SELECT
MENTAL HEALTH TREATMENTS IN BARBADOS TO 1970
By Sylvan Spooner
In the light of the plethora of modern treatment modalities
available for the care of the mentally ill or persons seeking psychiatric care,
it is nonetheless necessary to highlight some of treatments that were utilized locally
before the advent of modern antipsychotics.
One early and controversial treatment for the mentally ill
was the Prefrontal Leucotomy. Performed on disruptive and aggressive patients, it
involved the severing of nerves associated with the frontal lobe of the brain. Unfortunately,
in the few local cases in which it was performed, this treatment often made
patients regress to a child like docility from which they never recovered.[1]
Its risks outweighed its benefits and its practice was brief.
Other interventions were less invasive and one such
treatment (if it could be so termed) was known as work therapy. Through this, patients
were tasked with manual labor designed to temper psychoses or other unwanted
energies, which were believed to fuel impure thoughts and actions. A few
trusted patients, under the watchful eyes of attendants, would perform assigned
tasks on the hospital farm, its gardens or grounds during the period before
ancillary staff was employed for the upkeep of the facility at Black Rock. Its
therapeutic qualities remained questionable.

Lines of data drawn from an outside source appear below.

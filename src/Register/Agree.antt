-- ===== src/Register/Agree.antt =====
-- Indices and names: the register is an injective numbering of the names that it has been given.
use tazer.Base.{
  ℕ, ◌+◌, ◌*◌, ◌≤◌, ◌<◌, ◌≡◌, ◌↔◌, true, false, ◌==◌, List, [], ◌∷◌, length, All, update,
  update_self, update-ne, memcpy, memcpy-in, memcpy-out, arith, refl, sym, ◌∙◌, ap, inl, inr,
  dec_lt, ==_ne, lt→ltb,
}
use tazer.Register.Table.{
  num_entries, max_file_name, c_str, Register, is_name, find_first, register_file,
  get_file_register_index,
}
use tazer.Register.Names.{IsName, is_name_same, is_name-c_str}
use tazer.Register.Search.{IsStored, AbsentIn, find_first_finds, find_last_finds}

-- The register holds the names `name i`, each once, and each fits its row.
pub record IsRegister (r : Register) (name : ℕ → List ℕ) : Type 0 where
  pub stored : IsStored r name
  pub short : (i : ℕ) → i < r.available → length (name i) < max_file_name
  pub apart : (i j : ℕ) → i < r.available → j < r.available → name i ≡ name j → i ≡ j

-- A name without zeros that fits a row.
abbrev pub IsFileName : List ℕ → Type 0
IsFileName s = IsName s × (length s < max_file_name)

-- `index` is the number of `s`.
abbrev pub IsIndex : Register → (ℕ → List ℕ) → List ℕ → ℕ → Type 0
IsIndex r name s index = (i : ℕ) × (i < r.available) × (name i ≡ s) × (index ≡ i + 1)

-- The search agrees with the numbering: on a name that has an index, and on one that has none.
pub get-IsIndex :
    (r : Register) (name : ℕ → List ℕ) (s : List ℕ) (index : ℕ)
    → IsRegister r name
    → IsIndex r name s index
    → get_file_register_index r s ≡ index
unfolding get_file_register_index
get-IsIndex r name s index h (i, lt, e, f) =
    elim (find_last_finds r name h.stored s 0 r.available 0 (omega arith)) [
      | inl (j, a, b, g, k) ↦
          let same : i ≡ j = h.apart i j lt (omega arith) (e ∙ sym g) in omega (arith, k, f, same)
      | inr (z, none_of) ↦ absurd (none_of i (omega arith) (omega arith) e)
    ]

-- The row that a new name gets, with the other rows as they were.
module _ (r : Register) (name : ℕ → List ℕ) (s : List ℕ) (h : IsRegister r name)
    (f : IsFileName s) where
  abbrev grown : Register
  grown = record {
    available = r.available + 1;
    file_name = memcpy r.file_name (r.available * max_file_name) (c_str s) 0 (length s + 1);
  }

  abbrev names : ℕ → List ℕ
  names = update name r.available s

  name_at : (i : ℕ) → i < r.available → names i ≡ name i
  name_at i lt = update-ne name r.available s i (λ e. omega arith)

  last_at : (i : ℕ) → i ≡ r.available → names i ≡ s
  last_at i e = rw (e, update_self name r.available s) refl

  new_row : is_name s grown.file_name (r.available * max_file_name) ≡ true
  new_row =
      is_name_same s _ (c_str s) (r.available * max_file_name) 0 (λ k le.
        memcpy-in r.file_name (r.available * max_file_name) (c_str s) 0 (length s + 1) k
          (omega arith))
      ∙ is_name-c_str s f.0

  old_row : (i : ℕ) → i < r.available → is_name (name i) grown.file_name (i * max_file_name) ≡ true
  old_row i lt =
      is_name_same (name i) _ r.file_name (i * max_file_name) (i * max_file_name) (λ k le.
        let fits = h.short i lt in
        memcpy-out r.file_name (r.available * max_file_name) (c_str s) 0 (length s + 1) _
          (λ (a, b). omega (arith, fits)))
      ∙ h.stored i lt

  grown-IsRegister : AbsentIn name s 0 r.available → IsRegister grown names
  grown-IsRegister absent = record {
    stored = λ i lt. elim (dec_lt i r.available) [
      | yes p ↦ rw (name_at i p) (old_row i p)
      | no p ↦
          let e : i ≡ r.available = omega arith in rw (e, update_self name r.available s) new_row
    ];
    short = λ i lt. elim (dec_lt i r.available) [
      | yes p ↦ rw (name_at i p) (h.short i p)
      | no p ↦ let e : i ≡ r.available = omega arith in rw (e, update_self name r.available s) f.1
    ];
    apart = λ i j lt lt' e. elim (dec_lt i r.available) [
      | yes p ↦ elim (dec_lt j r.available) [
        | yes q ↦ h.apart i j p q (sym (name_at i p) ∙ e ∙ name_at j q)
        | no q ↦
            absurd (
              absent i (omega arith) (omega arith)
                (sym (name_at i p) ∙ e ∙ last_at j (omega arith)))
      ]
      | no p ↦ elim (dec_lt j r.available) [
        | yes q ↦ absurd (
            absent j (omega arith) (omega arith)
              (sym (name_at j q) ∙ sym e ∙ last_at i (omega arith)))
        | no q ↦ omega arith
      ]
    ];
  }

-- The numbering after `r` extends that of `r`, and numbers `s` with `index`.
abbrev pub Extends : Register → (ℕ → List ℕ) → Register → (ℕ → List ℕ) → Type 0
Extends r name r' name' =
    IsRegister r' name'
    × (r.available ≤ r'.available)
    × ((i : ℕ) → i < r.available → name' i ≡ name i)

register_file-Extends :
    (r : Register) (name : ℕ → List ℕ) (s : List ℕ)
    → IsRegister r name
    → IsFileName s
    → r.available < num_entries
    → (name' : ℕ → List ℕ) × Extends r name (register_file r s).0 name'
      × IsIndex (register_file r s).0 name' s (register_file r s).1
      × ((register_file r s).0.available ≤ r.available + 1)
unfolding register_file
register_file-Extends r name s h f room =
    elim (find_first_finds r name h.stored s 0 r.available (omega arith)) [
      | inl (j, a, b, g, k) ↦
          let found : (find_first r s 0 r.available == 0) ≡ false =
            ==_ne _ 0 (λ z. omega (arith, k, z)) in
          rw (found) (name, (h, omega arith, λ i lt. refl), (j, omega arith, g, k), omega arith)
      | inr (z, absent) ↦
          rw (z, lt→ltb r.available num_entries room)
            (
              names r name s h f,
              (
                grown-IsRegister r name s h f absent,
                omega arith,
                λ i lt. name_at r name s h f i lt,
              ),
              (r.available, omega arith, last_at r name s h f r.available refl, refl),
              omega arith,
            )
    ]

-- A sequence of registrations.
unfoldable pub register_all : Register → List (List ℕ) → Register
register_all r [] = r
register_all r (s ∷ ss) = register_all (register_file r s).0 ss

register_all-Extends :
    (r : Register) (name : ℕ → List ℕ) (ss : List (List ℕ))
    → IsRegister r name
    → All IsFileName ss
    → r.available + length ss ≤ num_entries
    → (name' : ℕ → List ℕ) × Extends r name (register_all r ss) name'
      × ((register_all r ss).available ≤ r.available + length ss)
unfolding register_all
register_all-Extends r name [] h f room = (name, (h, omega arith, λ i lt. refl), omega arith)
register_all-Extends r name (s ∷ ss) h f room =
    let (name1, one, num, up) = register_file-Extends r name s h f.0 (omega arith) in
    let (name2, all, most) =
      register_all-Extends (register_file r s).0 name1 ss one.0 f.1 (omega arith) in
    (
      name2,
      (all.0, omega (arith, one.1, all.1), λ i lt. all.2 i (omega (arith, one.1)) ∙ one.2 i lt),
      omega (arith, up, most),
    )

-- An index stays that of its name.
IsIndex-later :
    (r r' : Register) (name name' : ℕ → List ℕ) (s : List ℕ) (index : ℕ)
    → Extends r name r' name'
    → IsIndex r name s index
    → IsIndex r' name' s index
IsIndex-later r r' name name' s index (h, le, same) (i, lt, e, f) =
    (i, omega arith, same i lt ∙ e, f)

-- On a register that holds each of its names once: a file that registerFile numbers, any
-- registrations after it and then one more, with room for all of them, where the names have no zero
-- byte and fit their rows. The two indices are equal exactly if the names are, neither is 0, and
-- getFileRegisterIndex answers each name with its index.
pub register_file-IsIndex :
    (r : Register) (name : ℕ → List ℕ) (s t : List ℕ) (between : List (List ℕ))
    → IsRegister r name
    → IsFileName s
    → IsFileName t
    → All IsFileName between
    → r.available + length between + 2 ≤ num_entries
    → (let first : Register × ℕ = register_file r s in
        let last : Register × ℕ = register_file (register_all first.0 between) t in
        ((first.1 ≡ last.1) ↔ (s ≡ t))
        × (0 < first.1)
        × (0 < last.1)
        × (get_file_register_index last.0 s ≡ first.1)
        × (get_file_register_index last.0 t ≡ last.1))
register_file-IsIndex r name s t between h f g fs room =
    let (name1, one, num, up) = register_file-Extends r name s h f (omega arith) in
    let (name2, all, most) =
      register_all-Extends (register_file r s).0 name1 between one.0 fs (omega arith) in
    let (name3, end, num', up') =
      register_file-Extends (register_all (register_file r s).0 between) name2 t all.0 g
        (omega arith) in
    let r1 = (register_file r s).0 in
    let r2 = register_all r1 between in
    let r3 = (register_file r2 t).0 in
    let index = (register_file r s).1 in
    let kept : IsIndex r3 name3 s index =
      IsIndex-later r2 r3 name2 name3 s index end
        (IsIndex-later r1 r2 name1 name2 s index all num) in
    let at_s = get-IsIndex r3 name3 s index end.0 kept in
    let at_t = get-IsIndex r3 name3 t (register_file r2 t).1 end.0 num' in
    (
      (
        λ e.
            let same : kept.0 ≡ num'.0 = omega (arith, e, kept.3, num'.3) in
            sym kept.2 ∙ ap name3 same ∙ num'.2,
        λ e. sym at_s ∙ ap (get_file_register_index r3) e ∙ at_t,
      ),
      omega (arith, kept.3),
      omega (arith, num'.3),
      at_s,
      at_t,
    )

These therapies would give way to other treatment modalities,
which were feared to the degree that those fears remain fixed within mental
health folklore.
One such therapy was Anticonvulsive
therapy (ECT). By 1970, in the absence of a well-established system of oral and
Intramuscular treatment options, ECT, in a dangerously unmodified form (without muscle relaxant or anesthetic) had become an
accepted ‘treatment of choice’ for patients suffering from chronic depressive
and other illnesses where traditional treatments had failed. It was at the time
considered to be a necessary evil for those upon whom the cloak of mental
illness had befallen.
It was a violent affair. At times patients under its
influence would soil themselves or risk dislocating joints and fractures
because of the ‘violent’ nature of the process. One individual who witnessed once such procedure explained it
in the following terms:
It
is like inducing a seizure in a patient when you use the ECT…you had two pads
very much like headphones and you wet them and attach them to the patient’s
temple. To do the ECT the doctor needed at least four, sometimes six patients
on hand to hold the patient and you had to support all the joints. When the
current is switch on the whole body would contract and then they had a thing
called the *St. Vitus dance where the whole body would keep shaking for
anything like one to three minutes.[2]
Such was its violence, such was the fear associated with ECT
that one patient proclaimed that he “wouldn’t recommend it to a dog.”[3]
Mental health care continues to have its challenges well
into the 21st century but an examination of the past and the
treatments used in the care of the mentally ill can indeed provide critical
insights into why the stigma and fear continues to exist.